WHAT THE EXERCISE ASKS
Among the records, find the lines that hold the string "Lists" and return them.

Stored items
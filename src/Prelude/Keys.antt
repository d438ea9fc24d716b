-- ===== src/Prelude/Keys.antt =====
-- Lists of texts as keys: membership, distinctness and common prefixes.
use mathlib.Core.Path.{◌≡◌, refl}
use mathlib.Core.Bool.{Bool, true, false, ◌&&◌, ◌||◌}
use mathlib.Core.List.{List, [], ◌∷◌, ◌++◌, map}
use native.Mathlib.Omega.{arith}
use alpha_swarm.Prelude.Tests.{nat_eq, nat_eq_iff}
use alpha_swarm.Prelude.Texts.{Text, text_eq, text_eq_iff, contains}

abbrev pub Distinct : List Text → Type 0
Distinct [] = Unit
Distinct (x ∷ xs) = (contains xs x ≡ false) × Distinct xs

unfoldable pub is_prefix : Text → Text → Bool
is_prefix [] t = true
is_prefix (b ∷ bs) [] = false
is_prefix (b ∷ bs) (c ∷ cs) = nat_eq b c && is_prefix bs cs

pub is_prefix-append : (p t : Text) → is_prefix p (p ++ t) ≡ true
unfolding is_prefix
is_prefix-append [] t = refl
is_prefix-append (b ∷ bs) t = ground (arith, nat_eq_iff b b, is_prefix-append bs t)

pub text_eq-append : (p a b : Text) → text_eq (p ++ a) (p ++ b) ≡ text_eq a b
unfolding text_eq
text_eq-append [] a b = refl
text_eq-append (c ∷ p) a b = ground (arith, nat_eq_iff c c, text_eq-append p a b)

pub contains-append :
    (xs ys : List Text) (a : Text) → contains (xs ++ ys) a ≡ (contains xs a || contains ys a)
contains-append [] ys a = refl
contains-append (x ∷ xs) ys a = ground (arith, contains-append xs ys a)

-- Every key of `xs` has the prefix, and no key of `ys` has it: the two share no key.
abbrev pub AllPrefixed : Text → List Text → Type 0
AllPrefixed p [] = Unit
AllPrefixed p (x ∷ xs) = (is_prefix p x ≡ true) × AllPrefixed p xs

abbrev pub NonePrefixed : Text → List Text → Type 0
NonePrefixed p [] = Unit
NonePrefixed p (x ∷ xs) = (is_prefix p x ≡ false) × NonePrefixed p xs

pub not-contains_of_prefix :
    (p : Text) (xs : List Text) (a : Text)
    → NonePrefixed p xs
    → is_prefix p a ≡ true
    → contains xs a ≡ false
not-contains_of_prefix p [] a h k = refl
not-contains_of_prefix p (x ∷ xs) a h k =
    ground (arith, text_eq_iff x a, not-contains_of_prefix p xs a h.1 k)

pub not-contains_of_no_prefix :
    (p : Text) (xs : List Text) (a : Text)
    → AllPrefixed p xs
    → is_prefix p a ≡ false
    → contains xs a ≡ false
not-contains_of_no_prefix p [] a h k = refl
not-contains_of_no_prefix p (x ∷ xs) a h k =
    ground (arith, text_eq_iff x a, not-contains_of_no_prefix p xs a h.1 k)

pub Distinct-append :
    (p : Text) (xs ys : List Text)
    → Distinct xs
    → Distinct ys
    → NonePrefixed p xs
    → AllPrefixed p ys
    → Distinct (xs ++ ys)
Distinct-append p [] ys h k n a = k
Distinct-append p (x ∷ xs) ys h k n a = (
  ground (arith, contains-append xs ys x, not-contains_of_no_prefix p ys x a n.0),
  Distinct-append p xs ys h.1 k n.1 a,
)

pub contains-map_append :
    (p : Text) (xs : List Text) (a : Text)
    → contains (map (λ x. p ++ x) xs) (p ++ a) ≡ contains xs a
contains-map_append p [] a = refl
contains-map_append p (x ∷ xs) a = ground (arith, text_eq-append p x a, contains-map_append p xs a)

pub Distinct-map_append :
    (p : Text) (xs : List Text) → Distinct xs → Distinct (map (λ x. p ++ x) xs)
Distinct-map_append p [] h = tt
Distinct-map_append p (x ∷ xs) h =
    (ground (arith, contains-map_append p xs x), Distinct-map_append p xs h.1)

pub AllPrefixed-map_append : (p : Text) (xs : List Text) → AllPrefixed p (map (λ x. p ++ x) xs)
AllPrefixed-map_append p [] = tt
AllPrefixed-map_append p (x ∷ xs) = (is_prefix-append p x, AllPrefixed-map_append p xs)
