-- ===== src/Prelude/Members.antt =====
-- Membership of a list as a family that can be matched on.
use mathlib.Core.Path.{◌≡◌, refl, sym, ap, subst}
use mathlib.Core.Logic.{◌⊎◌, inl, inr}
use mathlib.Core.Bool.{Bool, true}
use mathlib.Core.List.{List, [], ◌∷◌, ◌++◌, map}
use alpha_swarm.Prelude.Tests.{Bool-cases}
use alpha_swarm.Prelude.Lists.{filter}

pub data In {ℓ} {A : Type ℓ} (x : A) : List A → Type ℓ where
  here : {y : A} {ys : List A} → x ≡ y → In x (y ∷ ys)
  there : {y : A} {ys : List A} → In x ys → In x (y ∷ ys)

module _ {ℓ} {A : Type ℓ} where
  pub In-append : (x : A) (xs ys : List A) → In x (xs ++ ys) → In x xs ⊎ In x ys
  In-append x [] ys m = inr m
  In-append x (z ∷ xs) ys (here e) = inl (here e)
  In-append x (z ∷ xs) ys (there m) = elim (In-append x xs ys m) [
    | inl a ↦ inl (there a)
    | inr b ↦ inr b
  ]

  pub In-filter : (q : A → Bool) (x : A) (ys : List A) → In x (filter q ys) → In x ys × (q x ≡ true)
  In-filter q x [] m = elim m [ ]
  In-filter q x (y ∷ ys) m = elim (Bool-cases (q y)) [
    | inl keep ↦ first keep (rw keep at m) (In-filter q x ys)
    | inr drop ↦ let (later, holds) = In-filter q x ys (rw drop at m) in (there later, holds)
  ]
    where
      first :
          q y ≡ true
          → In x (y ∷ filter q ys)
          → (In x (filter q ys) → In x ys × (q x ≡ true))
          → In x (y ∷ ys) × (q x ≡ true)
      first keep (here e) rest = (here e, subst (λ z. q z ≡ true) (sym e) keep)
      first keep (there n) rest = let (later, holds) = rest n in (there later, holds)

pub In-map {ℓ κ} :
    {A : Type ℓ} {B : Type κ} (f : A → B) (b : B) (xs : List A)
    → In b (map f xs)
    → (a : A) × In a xs × (b ≡ f a)
In-map f b [] m = elim m [ ]
In-map f b (x ∷ xs) (here e) = (x, here refl, e)
In-map f b (x ∷ xs) (there m) = let (a, n, e) = In-map f b xs m in (a, there n, e)

pub In-map_of {ℓ κ} :
    {A : Type ℓ} {B : Type κ} (f : A → B) (a : A) (xs : List A) → In a xs → In (f a) (map f xs)
In-map_of f a [] m = elim m [ ]
In-map_of f a (x ∷ xs) (here e) = here (ap f e)
In-map_of f a (x ∷ xs) (there m) = there (In-map_of f a xs m)

module _ {ℓ} {A : Type ℓ} where
  pub In-left : (x : A) (xs ys : List A) → In x xs → In x (xs ++ ys)
  In-left x [] ys m = elim m [ ]
  In-left x (z ∷ xs) ys (here e) = here e
  In-left x (z ∷ xs) ys (there m) = there (In-left x xs ys m)

  pub In-right : (x : A) (xs ys : List A) → In x ys → In x (xs ++ ys)
  In-right x [] ys m = m
  In-right x (z ∷ xs) ys m = there (In-right x xs ys m)

  pub In-filter_of :
      (q : A → Bool) (x : A) (xs : List A) → In x xs → q x ≡ true → In x (filter q xs)
  In-filter_of q x [] m h = elim m [ ]
  In-filter_of q x (y ∷ ys) (here e) h = rw (subst (λ z. q z ≡ true) e h) (here e)
  In-filter_of q x (y ∷ ys) (there m) h = elim (Bool-cases (q y)) [
    | inl keep ↦ rw keep (there (In-filter_of q x ys m h))
    | inr drop ↦ rw drop (In-filter_of q x ys m h)
  ]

OUTPUT FOR THIS EXERCISE
-- Lists of texts as keys: membership, distinctness and common prefixes.
use alpha_swarm.Prelude.Lists.{filter}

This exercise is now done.